§ **What is needed**
Copy out the entries below exactly as they stand, but only from the line containing "rw fits refl)" through the line containing "n queue still)".

§ **Collected data**
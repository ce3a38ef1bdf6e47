-- ===== src/Raylet/Scheduler/Books.antt =====
-- The books of a node (crates/ray-raylet/src/scheduler.rs): the dispatched tasks and the leases
-- through a command.
use ray_rust.Common.{
  String, ◌≡◌, refl, ap, ◌∙◌, true, false, not, Option, List, [], ◌∷◌, ◌++◌, map, ◌==◌, ◌⊎◌, inl,
  inr, if◌then◌else◌, Bool-cases, string_eq, All, All-append, All-keep,
}
use mathlib.Core.List.{map-append}
use ray_rust.Common.Int.{ℤ, pos, ◌+ℤ◌, int_laws}
use ray_rust.Core.Id.{id_eq}
use ray_rust.Core.Resources
use ray_rust.Core.Resources.{Resources}
use ray_rust.Core.Resources.Laws.{IsProper}
use ray_rust.Core.Types.{TaskSpec}
use ray_rust.Raylet.ResourceManager.{ResourceManager, try_allocate}
use ray_rust.Raylet.ResourceManager.Ledger.{
  holding, holding-append, Balanced, granted-Balanced, NonNegative, allocate-NonNegative,
}
use ray_rust.Raylet.Scheduler.{
  Command, submit_task, cancel_task, get_status, Phase, spawned, executing, Job, Node,
  dispatch_task, set_status, allocate, run_task, handle, submit, cancel, drain_one, drain_loop,
  drain, process, Event, commands, starts, finishes, leases, step,
}
use ray_rust.Raylet.Worker.{WorkerHandle}

-- A request that a client builds with `set`: its names are distinct and no quantity is negative.
abbrev pub IsFair : Resources → Type 0
IsFair r = IsProper r × NonNegative r

abbrev pub IsFairTask : TaskSpec → Type 0
IsFairTask spec = IsFair spec.required_resources

abbrev pub IsFairEvent : Event → Type 0
IsFairEvent (commands (submit_task spec)) = IsFairTask spec
IsFairEvent (commands (cancel_task task_id)) = Unit
IsFairEvent (commands (get_status task_id)) = Unit
IsFairEvent (starts i worker_id pid) = Unit
IsFairEvent (finishes i result now) = Unit
IsFairEvent (leases required) = IsFair required

-- What the dispatched tasks hold.
abbrev pub required_by : List Job → List Resources
required_by jobs = map (λ j. j.spec.required_resources) jobs

-- The leases that are out after a step: an event that grants one adds it, and none is given back.
abbrev pub add_lease : List Resources → Node → Event → List Resources
add_lease held n (commands c) = held
add_lease held n (starts i worker_id pid) = held
add_lease held n (finishes i result now) = held
add_lease held n (leases required) =
    if Resources.can_satisfy n.resource_manager.available required then required ∷ held else held

abbrev pub leases_after : List Resources → Node → List Event → List Resources
leases_after held n [] = held
leases_after held n (e ∷ es) = leases_after (add_lease held n e) (step n e) es

pub record IsSound (total : Resources) (held : List Resources) (n : Node) : Type 0 where
  pub same_total : n.resource_manager.total ≡ total
  pub balanced : Balanced n.resource_manager (held ++ required_by n.jobs)
  pub nonneg : NonNegative n.resource_manager.available
  pub jobs_fair : All (λ j. IsFairTask j.spec) n.jobs
  pub queue_fair : All IsFairTask n.pending_queue

holding-swap :
    (name : String) (held : List Resources) (xs : List Job) (q : Resources)
    → holding name (q ∷ (held ++ required_by xs))
      ≡ holding name (held ++ (required_by xs ++ q ∷ []))
unfolding holding
holding-swap name held xs q =
    rw
      (
        holding-append name held (required_by xs),
        holding-append name held (required_by xs ++ q ∷ []),
        holding-append name (required_by xs) (q ∷ []),
      )
      (move _ _ _)
  where
    move : (a b c : ℤ) → a +ℤ (b +ℤ c) ≡ b +ℤ (c +ℤ (a +ℤ pos 0))
    move a b c = omega int_laws

-- A task is dispatched with what was allocated for it.
run_task-IsSound :
    (total : Resources) (held : List Resources) (n : Node) (rm : ResourceManager) (spec : TaskSpec)
    → IsSound total held n
    → IsFairTask spec
    → rm.total ≡ total
    → NonNegative rm.available
    → Balanced rm (spec.required_resources ∷ (held ++ required_by n.jobs))
    → IsSound total held (run_task (record n { resource_manager = rm }) spec)
unfolding run_task dispatch_task set_status
run_task-IsSound total held n rm spec s fair same nonneg b = record {
  same_total = same;
  balanced = λ name.
      rw
        (map-append (λ j. j.spec.required_resources) n.jobs
          (record { spec = spec; phase = spawned } ∷ []))
        (b name
          ∙ ap (λ h. Resources.get rm.available name +ℤ h)
              (holding-swap name held n.jobs spec.required_resources));
  nonneg = nonneg;
  jobs_fair = All-append (λ j. IsFairTask j.spec) n.jobs _ s.jobs_fair (fair, tt);
  queue_fair = s.queue_fair;
}

pub Phase-cases : (p : Phase) → (p ≡ spawned) ⊎ ((w : Option WorkerHandle) × (p ≡ executing w))
Phase-cases spawned = inl refl
Phase-cases (executing w) = inr (w, refl)

-- The node once the resources of a task are taken.
abbrev pub taken : Node → TaskSpec → Node
taken n spec = record n {
  resource_manager = (try_allocate n.resource_manager spec.required_resources).1;
}

-- What `allocate` may answer.
pub allocate-cases :
    (n : Node) (spec : TaskSpec)
    → ((Resources.can_satisfy n.resource_manager.available spec.required_resources ≡ true)
        × (allocate n spec ≡ (true, taken n spec)))
      ⊎ ((Resources.can_satisfy n.resource_manager.available spec.required_resources ≡ false)
          × (allocate n spec ≡ (false, n)))
unfolding allocate try_allocate
allocate-cases n spec =
    elim (Bool-cases (Resources.can_satisfy n.resource_manager.available spec.required_resources)) [
      | inl fits ↦ inl (fits, rw fits refl)
      | inr short ↦ inr (short, rw short refl)
    ]

pub granted_task :
    (total : Resources) (held : List Resources) (n : Node) (spec : TaskSpec)
    → IsSound total held n
    → IsFairTask spec
    → Resources.can_satisfy n.resource_manager.available spec.required_resources ≡ true
    → IsSound total held (run_task (taken n spec) spec)
granted_task total held n spec s fair fits =
    let (same, b) =
      granted-Balanced n.resource_manager spec.required_resources (held ++ required_by n.jobs)
        fair.0 s.balanced fits in
    run_task-IsSound total held n (try_allocate n.resource_manager spec.required_resources).1 spec s
      fair (same ∙ s.same_total)
      (allocate-NonNegative n.resource_manager spec.required_resources fair.0 s.nonneg) b

-- Neither the statuses nor the queue matter to the books.
pub requeue :
    (total : Resources) (held : List Resources) (n : Node) (queue : List TaskSpec)
    → IsSound total held n
    → All IsFairTask queue
    → IsSound total held (record n { pending_queue = queue })
requeue total held n queue s q = record {
  same_total = s.same_total;
  balanced = s.balanced;
  nonneg = s.nonneg;
  jobs_fair = s.jobs_fair;
  queue_fair = q;
}

drain_loop-IsSound :
    (total : Resources) (held : List Resources) (n : Node) (queue still : List TaskSpec)
    → IsSound total held n
    → All IsFairTask queue
    → All IsFairTask still
    → IsSound total held (drain_loop n queue still)
unfolding drain_loop drain_one
drain_loop-IsSound total held n [] still s q p = requeue total held n still s p
drain_loop-IsSound total held n (spec ∷ rest) still s q p = elim (allocate-cases n spec) [
  | inl (fits, e) ↦
      rw (e, drain_one)
        (drain_loop-IsSound total held (run_task (taken n spec) spec) rest still
          (granted_task total held n spec s q.0 fits) q.1 p)
  | inr (short, e) ↦
      rw (e, drain_one)
        (drain_loop-IsSound total held n rest (still ++ spec ∷ []) s q.1
          (All-append IsFairTask still (spec ∷ []) p (q.0, tt)))
]

submit-IsSound :
    (total : Resources) (held : List Resources) (n : Node) (spec : TaskSpec)
    → IsSound total held n
    → IsFairTask spec
    → IsSound total held (submit (allocate n spec) spec)
unfolding submit set_status
submit-IsSound total held n spec s fair = elim (allocate-cases n spec) [
  | inl (fits, e) ↦ rw e (granted_task total held n spec s fair fits)
  | inr (short, e) ↦ rw e (record {
    same_total = s.same_total;
    balanced = s.balanced;
    nonneg = s.nonneg;
    jobs_fair = s.jobs_fair;
    queue_fair = All-append IsFairTask n.pending_queue (spec ∷ []) s.queue_fair (fair, tt);
  })
]

pub handle-IsSound :
    (total : Resources) (held : List Resources) (n : Node) (c : Command)
    → IsSound total held n
    → IsFairEvent (commands c)
    → IsSound total held (handle n c)
unfolding handle cancel
handle-IsSound total held n (submit_task spec) s fair = submit-IsSound total held n spec s fair
handle-IsSound total held n (get_status task_id) s fair = s
handle-IsSound total held n (cancel_task task_id) s fair = record {
  same_total = s.same_total;
  balanced = s.balanced;
  nonneg = s.nonneg;
  jobs_fair = s.jobs_fair;
  queue_fair = All-keep IsFairTask (λ t. not (t.task_id == task_id)) n.pending_queue s.queue_fair;
}

pub process-IsSound :
    (total : Resources) (held : List Resources) (n : Node) (c : Command)
    → IsSound total held n
    → IsFairEvent (commands c)
    → IsSound total held (process n c)
unfolding process drain
process-IsSound total held n c s fair =
    let handled = handle-IsSound total held n c s fair in
    drain_loop-IsSound total held (handle n c) (handle n c).pending_queue [] handled
      handled.queue_fair tt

§ **Reply to the task**
      | inl fits ↦ inl (fits, rw fits refl)
      | inr short ↦ inr (short, rw short refl)
    ]

pub granted_task :
    (total : Resources) (held : List Resources) (n : Node) (spec : TaskSpec)
    → IsSound total held n
    → IsFairTask spec
    → Resources.can_satisfy n.resource_manager.available spec.required_resources ≡ true
    → IsSound total held (run_task (taken n spec) spec)
granted_task total held n spec s fair fits =
    let (same, b) =
      granted-Balanced n.resource_manager spec.required_resources (held ++ required_by n.jobs)
        fair.0 s.balanced fits in
    run_task-IsSound total held n (try_allocate n.resource_manager spec.required_resources).1 spec s
      fair (same ∙ s.same_total)
      (allocate-NonNegative n.resource_manager spec.required_resources fair.0 s.nonneg) b

-- Neither the statuses nor the queue matter to the books.
pub requeue :
    (total : Resources) (held : List Resources) (n : Node) (queue : List TaskSpec)
    → IsSound total held n
    → All IsFairTask queue
    → IsSound total held (record n { pending_queue = queue })
requeue total held n queue s q = record {
  same_total = s.same_total;
  balanced = s.balanced;
  nonneg = s.nonneg;
  jobs_fair = s.jobs_fair;
  queue_fair = q;
}

drain_loop-IsSound :
    (total : Resources) (held : List Resources) (n : Node) (queue still : List TaskSpec)
    → IsSound total held n
    → All IsFairTask queue
    → All IsFairTask still
    → IsSound total held (drain_loop n queue still)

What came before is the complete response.